Илья Эренбург - Перечитывая Чехова

На нашем сайте KnigaRead.com Вы можете абсолютно бесплатно читать книгу онлайн Илья Эренбург, "Перечитывая Чехова" бесплатно, без регистрации.
Перейти на страницу:

Чехову нетрудно было отказаться от манеры Тургенева, которая казалась ему устаревшей. Искусство Достоевского никогда его не искушало: он не любил ни идей, снабженных для правдоподобия именем и костюмом, ни аффектации, ни напряженной интриги повествования. Был, однако, писатель, под влияние которого Антон Павлович мог бы легко подпасть. В незаконченном рассказе «Письмо» герой повествования читает книгу неназванного автора и так отзывается о ней: «Какая сила! Форма, по–видимому, неуклюжа, но зато какая широкая свобода, какой страшный, необъятный художник чувствуется в этой неуклюжести! В одной фразе три раза «который» и два раза «видимо», фраза сделана дурно, не кистью, а точно мочалкой, но какой фонтан бьет из–под этих «которых», какая прячется под ним гибкая, стройная, глубокая мысль, какая кричащая правда!» Легко догадаться, чье произведение читал герой «Письма», — Чехов говорил Щукину: «Вы обратили внимание на язык Толстого? Громадные периоды, предложения нагромождены одно на другое. Не думайте, что это случайно, что это недостаток. Это искусство, и оно дается после труда». С тех пор прошло более чем полвека; все переменилось в нашей стране— и ритм жизни, и люди, и орфография; но в книгах многих современных авторов я нахожу те самые придаточные, то замедленное, нарочито неуклюжее повествование, о которых говорил Чехов. А неуверенный в себе, скромнейший Антон Павлович, лично знавший Толстого, его боготворивший, сумел избежать подражания, создал свой ритм, свою манеру письма.

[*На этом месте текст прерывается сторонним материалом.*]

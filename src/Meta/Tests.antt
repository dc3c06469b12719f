-- ===== src/Meta/Tests.antt =====
-- Statistics at concrete edits.
use kip_db.Base.{◌≡◌, ◌-◌, ◌^◌, refl, arith, [], ◌∷◌, ◌++◌, List}
use kip_db.Error.{ok}
use kip_db.Meta.{
  TableMeta, VersionMeta, EditType, add, del, process, statistical_process, fusion, ord_num,
}
use kip_db.Meta.Totals.{of_kind, statistical_process-totals}

abbrev table : TableMeta
table = record { size_of_disk = 10; len = 2 }

abbrev before : VersionMeta
before = record { size_of_disk = 5; len = 1 }

abbrev sort : List EditType → List EditType
sort es = of_kind 0 es ++ of_kind 1 es

-- The deletion stands first, and is counted last.
statistical_process-totals_example :
    statistical_process sort before (del table ∷ add table ∷ []) ≡ ok before
unfolding ord_num
statistical_process-totals_example =
    statistical_process-totals sort before (del table ∷ add table ∷ []) (λ es. refl) (omega arith)
      (omega arith) (omega arith) (omega arith)

-- Without the additions it wraps.
underflow :
    statistical_process sort before (del table ∷ [])
    ≡ ok (record { size_of_disk = 2 ^ 64 - 5; len = 2 ^ 64 - 1 })
unfolding statistical_process process ord_num
underflow = refl

fusion_runs : fusion (table ∷ table ∷ []) ≡ record { size_of_disk = 20; len = 4 }
unfolding fusion
fusion_runs = refl
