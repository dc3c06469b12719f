-- ===== src/Scope/Meet.antt =====
-- `meet` and `meet_by_key`: two ranges meet exactly when they share a key.
use kip_db.Base.{◌≡◌, Bool, true, ◌&&◌, ◌||◌, ◌↔◌, ◌⊎◌, inl, inr, arith}
use kip_db.Base.Order.{Bytes, bytes_ord, is_le, is_ge, is_ge-is_le, le_trans, le_refl, le_total}
use kip_db.Scope.{Scope, meet, meet_by_key}

-- The range is not empty.
abbrev pub IsRange : Scope → Type 0
IsRange s = is_le s.start s.end ≡ true

pub meet_by_key-bounds :
    (s : Scope) (key : Bytes)
    → (meet_by_key s key ≡ true) ↔ ((is_le s.start key ≡ true) × (is_le key s.end ≡ true))
unfolding meet_by_key
meet_by_key-bounds s key =
    (λ h. ground (arith, is_ge-is_le s.end key), λ h. ground (arith, is_ge-is_le s.end key))

abbrev Share : Scope → Scope → Type 0
Share s t = (key : Bytes) × (meet_by_key s key ≡ true) × (meet_by_key t key ≡ true)

or_and_cases :
    (a b c d e f : Bool)
    → (a && b || (c && d || (a && d || e && f))) ≡ true
    → ((a ≡ true) × (b ≡ true))
      ⊎ (((c ≡ true) × (d ≡ true)) ⊎ (((a ≡ true) × (d ≡ true)) ⊎ ((e ≡ true) × (f ≡ true))))
or_and_cases a b c d e f h = ground arith

meet_to_key : (s t : Scope) → IsRange s → IsRange t → meet s t ≡ true → Share s t
unfolding meet
meet_to_key s t hs ht h =
    elim (or_and_cases (is_le s.start t.start) (is_ge s.end t.start) (is_le s.start t.end)
      (is_ge s.end t.end) (is_ge s.start t.start) (is_le s.end t.end) h) [
        | inl (p, q) ↦ (
          t.start,
          by_bounds s t.start p (rw (← is_ge-is_le s.end t.start) q),
          by_bounds t t.start (le_refl t.start) ht,
        )
        | inr (inl (p, q)) ↦ (
          t.end,
          by_bounds s t.end p (rw (← is_ge-is_le s.end t.end) q),
          by_bounds t t.end ht (le_refl t.end),
        )
        | inr (inr (inl (p, q))) ↦ (
          t.end,
          by_bounds s t.end (le_trans s.start t.start t.end p ht)
              (rw (← is_ge-is_le s.end t.end) q),
          by_bounds t t.end ht (le_refl t.end),
        )
        | inr (inr (inr (p, q))) ↦ (
          s.start,
          by_bounds s s.start (le_refl s.start) hs,
          by_bounds t s.start (rw (← is_ge-is_le s.start t.start) p)
              (le_trans s.start s.end t.end hs q),
        )
      ]
  where
    by_bounds :
        (u : Scope) (key : Bytes)
        → is_le u.start key ≡ true
        → is_le key u.end ≡ true
        → meet_by_key u key ≡ true
    by_bounds u key a b = (meet_by_key-bounds u key).1 (a, b)

meet_of_key : (s t : Scope) → Share s t → meet s t ≡ true
unfolding meet
meet_of_key s t (key, hs, ht) =
    let (a, b) = (meet_by_key-bounds s key).0 hs in
    let (c, d) = (meet_by_key-bounds t key).0 ht in
    ground (
      arith,
      is_ge-is_le s.end t.start,
      is_ge-is_le s.end t.end,
      is_ge-is_le s.start t.start,
      le_total s.start t.start,
      le_total t.end s.end,
      le_trans t.start key s.end,
      le_trans s.start key t.end,
    )

-- Two scopes meet exactly when some key meets both, where neither range is empty.
pub meet-iff_share :
    (s t : Scope)
    → IsRange s
    → IsRange t
    → (meet s t ≡ true) ↔ ((key : Bytes) × (meet_by_key s key ≡ true) × (meet_by_key t key ≡ true))
meet-iff_share s t hs ht = (meet_to_key s t hs ht, meet_of_key s t)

Флобер мечтал написать роман, в котором ничего не происходило бы. Такого романа он не написал. («Бювар и Пекюше» стал, может быть и не по воле автора, сатирой.) Чехов говорил много раз, что нужно писать просто и о простом, например, как Петр Семенович женился на Марье Ивановне. Беллетристы шутили: Антон Павлович, исправляя рассказ, выбрасывает из него все, остается только, что он и она были молоды, влюбились, поженились, а потом были несчастны. Антон Павлович отвечал: «Послушайте же, но ведь так оно и есть на самом деле…»

Толстой, ценивший рассказы Чехова, не принимал его пьес, считал его неудачным драматургом; это мнение разделялось многими. В пьесах Чехова не было ничего связанного с вековым представлением о театре: ни внешнего, ни внутреннего действия, почти живые картины, порой с выстрелами под занавес, где пуля означает только точку. Жан-Луи Барро говорит о чеховском театре: «Каждая минута полна, но полнота эта не в диалоге, а в молчании, в ощущении жизни».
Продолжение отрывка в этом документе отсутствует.